SoylentNews is people
SoylentNews
https://www.cossacklabs.com/blog/macros-in-crypto-c-code.html
Like death and taxes, one thing that you can be sure of is that using C macros in a modern software project will cause a debate. While for some macros remain a convenient and efficient way of achieving particular programming goals, for others they are opaque, introduce the unnecessary risk of coding errors, and reduce readability.
The criticism of macros is particularly acute in the wider security community. Among Cossack Labs' engineers and the core Themis crypto library contributors there are people who previously worked on auditing cryptographic implementations of critical code. Their typical knee-jerk reaction to macros was always "kill it with fire and never use it again". Taking no sides, we would like to assess both pros and cons of using such dangerous things as macros in security code (as we faced the issue when developing Themis) and suggest some techniques for lowering the accompanying risks.
We'll also discuss a custom "for-audit" build target for Themis designed specifically to generate source code that exposes the macros to inspection because we appreciate the need for security software to be subject to detailed source code scrutiny.
(Score: 2) by Pino P on Saturday December 02 2017, @11:40PM (3 children)
Easier said than done. Or would you please explain an efficient way to sort out dozens of applications by incompetent candidates to a particular position en masse?
They're not type-safe. Some people include not type-safe in broken.
(Score: 3, Insightful) by fyngyrz on Saturday December 02 2017, @11:59PM (2 children)
After you've determined that they say they're really good at the language you plan to have them use (demand/specify that info in the job app), then you test them. If you're hiring programmers without testing them, we've found (at least one of) your problems.

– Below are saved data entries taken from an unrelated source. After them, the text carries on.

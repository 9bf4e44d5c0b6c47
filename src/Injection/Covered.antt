-- ===== src/Injection/Covered.antt =====
-- Filling puts each key in at its times.
use spi_nnfront_end_common.Common.{
  ℕ, ◌≡◌, refl, sym, ap, inl, inr, true, false, ◌&&◌, Option, none, some, List, [], ◌∷◌, ok, ltb,
  leb, ==_iff, Bool-cases, length, arith, ◌>>=◌,
}
use spi_nnfront_end_common.Common.Maps.{lookup}
use spi_nnfront_end_common.Buffers.Region.{BufferedSendingRegion, empty_region, clear}
use spi_nnfront_end_common.Buffers.Pending.{keys_at}
use spi_nnfront_end_common.Injection.Source.{
  Source, Times, same_times, array_list, has_expected_length, is_in_range, same_step, sorted_times,
  add_ticks_for_all, fill_times, fill_buffer, key_or_zero, fill_send_buffer,
}
use spi_nnfront_end_common.Injection.Rates.{count}
use spi_nnfront_end_common.Injection.Filled.{
  ranged, times, atom_keys, keys_at-same_times, add_atoms_lem,
}

-- The keys that are to be sent at a time step.
abbrev pub planned : ℕ → List ℕ → Times → List ℕ
planned t keys (same_times ts) = times (count t ts) keys
planned t keys (array_list tss) = atom_keys t keys tss

-- What a region holds, at each time step.
abbrev pub HoldsPlan : ℕ → Option ℕ → List ℕ → Times → BufferedSendingRegion → Type 0
HoldsPlan first end_step keys ts region =
    (t : ℕ) → keys_at region.buffer t ≡ ranged t first end_step (planned t keys ts)

ranged-nil : (t first : ℕ) (end_step : Option ℕ) → ranged t first end_step [] ≡ []
ranged-nil t first end_step = elim (Bool-cases (is_in_range t first end_step)) [
  | inl e ↦ rw e refl
  | inr e ↦ rw e refl
]

-- A run of no time steps has none in its range.
ranged-no_steps :
    (t first : ℕ) (end_step : Option ℕ) (keys : List ℕ)
    → same_step (some first) end_step ≡ true
    → ranged t first end_step keys ≡ []
ranged-no_steps t first none keys h = cc
ranged-no_steps t first (some e) keys h =
    let outside : (leb first t && ltb t e) ≡ false = ground arith in rw outside refl

module _ (get_keys : ℕ → ℕ → List ℕ) (first : ℕ) (end_step : Option ℕ) (n_keys key_base : ℕ)
    (all_keys : length (get_keys key_base n_keys) ≡ n_keys) where
  pub fill_times-HoldsPlan :
      (ts : Times)
      → has_expected_length n_keys ts ≡ true
      → (r : BufferedSendingRegion) × (fill_times get_keys first end_step n_keys key_base ts
            empty_region
          ≡ ok r)
        × HoldsPlan first end_step (get_keys key_base n_keys) ts r
  unfolding lookup count
  fill_times-HoldsPlan (same_times []) h =
      (empty_region, refl, λ t. sym (ranged-nil t first end_step))
  fill_times-HoldsPlan (array_list []) h =
      (empty_region, refl, λ t. sym (ranged-nil t first end_step))
  fill_times-HoldsPlan (same_times (u ∷ us)) h =
      elim (Bool-cases (same_step (some first) end_step)) [
        | inl no_steps ↦
            (empty_region, rw no_steps refl, λ t. sym (ranged-no_steps t first end_step _ no_steps))
        | inr steps ↦ (
          add_ticks_for_all first end_step (get_keys key_base n_keys) (sorted_times (u ∷ us))
              empty_region,
          rw steps refl,
          keys_at-same_times first end_step (get_keys key_base n_keys) (u ∷ us) empty_region,
        )
      ]
  fill_times-HoldsPlan (array_list (ts ∷ tss)) h =
      elim (Bool-cases (same_step (some first) end_step)) [
        | inl no_steps ↦
            (empty_region, rw no_steps refl, λ t. sym (ranged-no_steps t first end_step _ no_steps))
        | inr steps ↦
            let n_times : length (ts ∷ tss) ≡ n_keys = (==_iff _ _).0 h in
            let (r, ran, holds) =
              add_atoms_lem first end_step (get_keys key_base n_keys) (ts ∷ tss) n_keys 0
                empty_region (omega (arith, all_keys)) (omega (arith, n_times)) in
            (r, rw steps ran, holds)
      ]

-- The source has a buffer, and times of the expected length.
pub record IsInstalled (s : Source) (ts : Times) : Type 0 where
  pub buffer : BufferedSendingRegion
  pub has_buffer : s.send_buffer ≡ some buffer
  pub has_times : s.send_buffer_times ≡ some ts
  pub expected : has_expected_length s.n_keys ts ≡ true

fill_buffer-some :
    (get_keys : ℕ → ℕ → List ℕ) (first : ℕ) (end_step : Option ℕ) (n_keys key_base : ℕ) (ts : Times)
    (r r' : BufferedSendingRegion)
    → fill_times get_keys first end_step n_keys key_base ts empty_region ≡ ok r'
    → fill_buffer get_keys first end_step n_keys key_base (some ts) (some r) ≡ ok (some r')
unfolding clear
fill_buffer-some get_keys first end_step n_keys key_base (same_times []) r r' e =
    ap (λ x. x >>= λ filled. ok (some filled)) e
fill_buffer-some get_keys first end_step n_keys key_base (same_times (t ∷ ts)) r r' e =
    ap (λ x. x >>= λ filled. ok (some filled)) e
fill_buffer-some get_keys first end_step n_keys key_base (array_list []) r r' e =
    ap (λ x. x >>= λ filled. ok (some filled)) e
fill_buffer-some get_keys first end_step n_keys key_base (array_list (t ∷ ts)) r r' e =
    ap (λ x. x >>= λ filled. ok (some filled)) e

-- What filling returns, once it is known what it puts in the buffer.
pub fill_send_buffer-ok :
    (get_keys : ℕ → ℕ → List ℕ) (first : ℕ) (end_step : Option ℕ) (s : Source) (ts : Times)
    (i : IsInstalled s ts) (r : BufferedSendingRegion)
    → fill_times get_keys first end_step s.n_keys (key_or_zero s.virtual_key) ts empty_region ≡ ok r
    → (same_step s.first_machine_time_step (some first) && same_step s.run_until_timesteps end_step)
      ≡ false
    → fill_send_buffer get_keys first end_step s
      ≡ ok (record s {
        first_machine_time_step = some first;
        run_until_timesteps = end_step;
        send_buffer = some r;
      })
unfolding fill_send_buffer
fill_send_buffer-ok get_keys first end_step s ts i r ran again =
    let base = key_or_zero s.virtual_key in
    let filled = fill_buffer-some get_keys first end_step s.n_keys base ts i.buffer r ran in
    simp (again, i.has_buffer, i.has_times, filled)

-- Where the source has a buffer and times of the expected length, there is a key for each atom, and
-- the run is not the one for which the buffer was filled last: filling returns, whatever was in the
-- buffer, and then the buffer holds at each time step of the run, and only there, the keys whose
-- times it is among, in the order of the atoms and each as often as the time is given.
pub fill_send_buffer-HoldsPlan :
    (get_keys : ℕ → ℕ → List ℕ) (first : ℕ) (end_step : Option ℕ) (s : Source) (ts : Times)
    → IsInstalled s ts
    → length (get_keys (key_or_zero s.virtual_key) s.n_keys) ≡ s.n_keys
    → (same_step s.first_machine_time_step (some first) && same_step s.run_until_timesteps end_step)
      ≡ false
    → (s' : Source) × (r : BufferedSendingRegion) × (fill_send_buffer get_keys first end_step s
        ≡ ok s')
      × (s'.send_buffer ≡ some r)
      × HoldsPlan first end_step (get_keys (key_or_zero s.virtual_key) s.n_keys) ts r
fill_send_buffer-HoldsPlan get_keys first end_step s ts i all_keys again =
    let (r, ran, holds) =
      fill_times-HoldsPlan get_keys first end_step s.n_keys (key_or_zero s.virtual_key) all_keys ts
        i.expected in
    (_, r, fill_send_buffer-ok get_keys first end_step s ts i r ran again, refl, holds)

Tests should be progressive; not stupid puzzles, or dips into realms that have to relevance to the job at hand, either. You can get newbies in and out of a test sequence in just minutes; they'll never survive the most simple questions about language details. Better programmers will take longer to check out. But competent testing is an absolute requirement to fill programming positions – if you don't want to be saddled with people who will do damage to the task(s) at hand.
Also, don't ask for X years of experience in X. Ask for high competence in X. The former doesn't imply the latter, though one might (naively) think so.

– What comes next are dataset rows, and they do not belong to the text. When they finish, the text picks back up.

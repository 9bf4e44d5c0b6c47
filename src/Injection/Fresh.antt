-- ===== src/Injection/Fresh.antt =====
-- A region that was cleared and filled is at its first timestamp, and well kept.
use spi_nnfront_end_common.Common.{
  ℕ, ◌≡◌, refl, inl, inr, ◌∙◌, Option, some, Option-cases, List, [], ◌∷◌, zero, suc, ◌+◌,
  Bool-cases, get_elem?, arith,
}
use spi_nnfront_end_common.Common.Maps.{lookup}
use spi_nnfront_end_common.Common.Numbers.{member}
use spi_nnfront_end_common.Common.Sends.{Holds}
use spi_nnfront_end_common.Buffers.Region.{BufferedSendingRegion, empty_region, add_key, add_keys}
use spi_nnfront_end_common.Buffers.Pending.{IsWell, add_key-queue}
use spi_nnfront_end_common.Injection.Source.{
  Times, same_times, array_list, is_in_range, same_step, sorted_times, add_ticks, add_atoms,
  add_ticks_for_all, fill_times,
}
use spi_nnfront_end_common.Injection.Filled.{add_ticks-for_all}

pub record IsFresh (r : BufferedSendingRegion) : Type 0 where
  pub at_start : r.current_timestamp_pos ≡ 0
  pub well : IsWell r

empty_region-IsFresh : IsFresh empty_region
unfolding lookup member
empty_region-IsFresh = record {
  at_start = refl;
  well = record { started = omega arith; ascends = tt; held = λ t. inl (refl, refl) };
}

add_key-pos :
    (t key : ℕ) (r : BufferedSendingRegion)
    → (add_key t key r).current_timestamp_pos ≡ r.current_timestamp_pos
unfolding add_key
add_key-pos t key r = elim (Option-cases (lookup t r.buffer)) [
  | inl e ↦ rw e refl
  | inr (keys, e) ↦ rw e refl
]

add_key-IsFresh : (t key : ℕ) (r : BufferedSendingRegion) → IsFresh r → IsFresh (add_key t key r)
add_key-IsFresh t key r f = record {
  at_start = add_key-pos t key r ∙ f.at_start;
  well = (add_key-queue t key r f.well (rw f.at_start tt)).1;
}

add_keys-IsFresh :
    (t : ℕ) (keys : List ℕ) (r : BufferedSendingRegion) → IsFresh r → IsFresh (add_keys t keys r)
unfolding add_keys
add_keys-IsFresh t [] r f = f
add_keys-IsFresh t (key ∷ keys) r f =
    add_keys-IsFresh t keys (add_key t key r) (add_key-IsFresh t key r f)

module _ (first : ℕ) (end_step : Option ℕ) where
  add_ticks_for_all-IsFresh :
      (keys ticks : List ℕ) (r : BufferedSendingRegion)
      → IsFresh r
      → IsFresh (add_ticks_for_all first end_step keys ticks r)
  unfolding add_ticks_for_all
  add_ticks_for_all-IsFresh keys [] r f = f
  add_ticks_for_all-IsFresh keys (tick ∷ ticks) r f =
      elim (Bool-cases (is_in_range tick first end_step)) [
        | inl inside ↦ rw inside (
            add_ticks_for_all-IsFresh keys ticks (add_keys tick keys r)
              (add_keys-IsFresh tick keys r f))
        | inr outside ↦ rw outside (add_ticks_for_all-IsFresh keys ticks r f)
      ]

  add_atoms-IsFresh :
      (keys : List ℕ) (tss : List (List ℕ)) (n atom : ℕ) (r : BufferedSendingRegion)
      → IsFresh r
      → Holds IsFresh (add_atoms first end_step keys tss n atom r)
  unfolding add_atoms
  add_atoms-IsFresh keys tss zero atom r f = f
  add_atoms-IsFresh keys tss (suc n) atom r f = elim (Option-cases (get_elem? tss atom)) [
    | inl e ↦ rw e tt
    | inr (ts, at_ts) ↦ elim (Option-cases (get_elem? keys atom)) [
      | inl e ↦ rw (at_ts, e) tt
      | inr (key, at_key) ↦
          let filled : IsFresh (add_ticks first end_step key (sorted_times ts) r) =
            rw (add_ticks-for_all first end_step key (sorted_times ts) r)
              (add_ticks_for_all-IsFresh (key ∷ []) (sorted_times ts) r f) in
          rw (at_ts, at_key)
            (add_atoms-IsFresh keys tss n (atom + 1)
              (add_ticks first end_step key (sorted_times ts) r) filled)
    ]
  ]

  pub fill_times-IsFresh :
      (get_keys : ℕ → ℕ → List ℕ) (n_keys key_base : ℕ) (ts : Times)
      → Holds IsFresh (fill_times get_keys first end_step n_keys key_base ts empty_region)
  fill_times-IsFresh get_keys n_keys key_base (same_times []) = empty_region-IsFresh
  fill_times-IsFresh get_keys n_keys key_base (array_list []) = empty_region-IsFresh
  fill_times-IsFresh get_keys n_keys key_base (same_times (t ∷ ts)) =
      elim (Bool-cases (same_step (some first) end_step)) [
        | inl no_steps ↦ rw no_steps empty_region-IsFresh
        | inr steps ↦ rw steps (
            add_ticks_for_all-IsFresh (get_keys key_base n_keys) (sorted_times (t ∷ ts))
              empty_region empty_region-IsFresh)
      ]
  fill_times-IsFresh get_keys n_keys key_base (array_list (ts ∷ tss)) =
      elim (Bool-cases (same_step (some first) end_step)) [
        | inl no_steps ↦ rw no_steps empty_region-IsFresh
        | inr steps ↦ rw steps (
            add_atoms-IsFresh (get_keys key_base n_keys) (ts ∷ tss) n_keys 0 empty_region
              empty_region-IsFresh)
      ]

Yes, well, you shouldn't hire people with that kind of skills deficit. Problem solved! Anything else I can help you with? :)
c'mon, smile. Not kidding, though. A fundamental (not basic) programmer skill is managing types. If the language doesn't do it, it's your job (and if the language does do it, there's still no excuse for you to be bad at it.)
(Score: 0) by Anonymous Coward on Sunday December 03 2017, @01:09AM
What you're suggesting sounds too hard. Wouldn't it be better to just keep turning away introverts, since they fail our shallow personality tests by not being social enough? Wouldn't it be easier to just throw out the applications of anyone who doesn't have a degree? Look how much time we're saving!
Ugh, why is there a shortage of talented individuals!? We need foreigners to fill the gaps!
(Score: 2) by Pino P on Sunday December 03 2017, @03:29AM
It still costs quite a bit of money to administer the tests, especially when it involves flying in candidates from a thousand miles away. This competent testing had better provide improvement in quality that is measurable and substantial, or the shareholders won't stand for it.
Then why not just write all programs in assembly language and make the programmer do everything?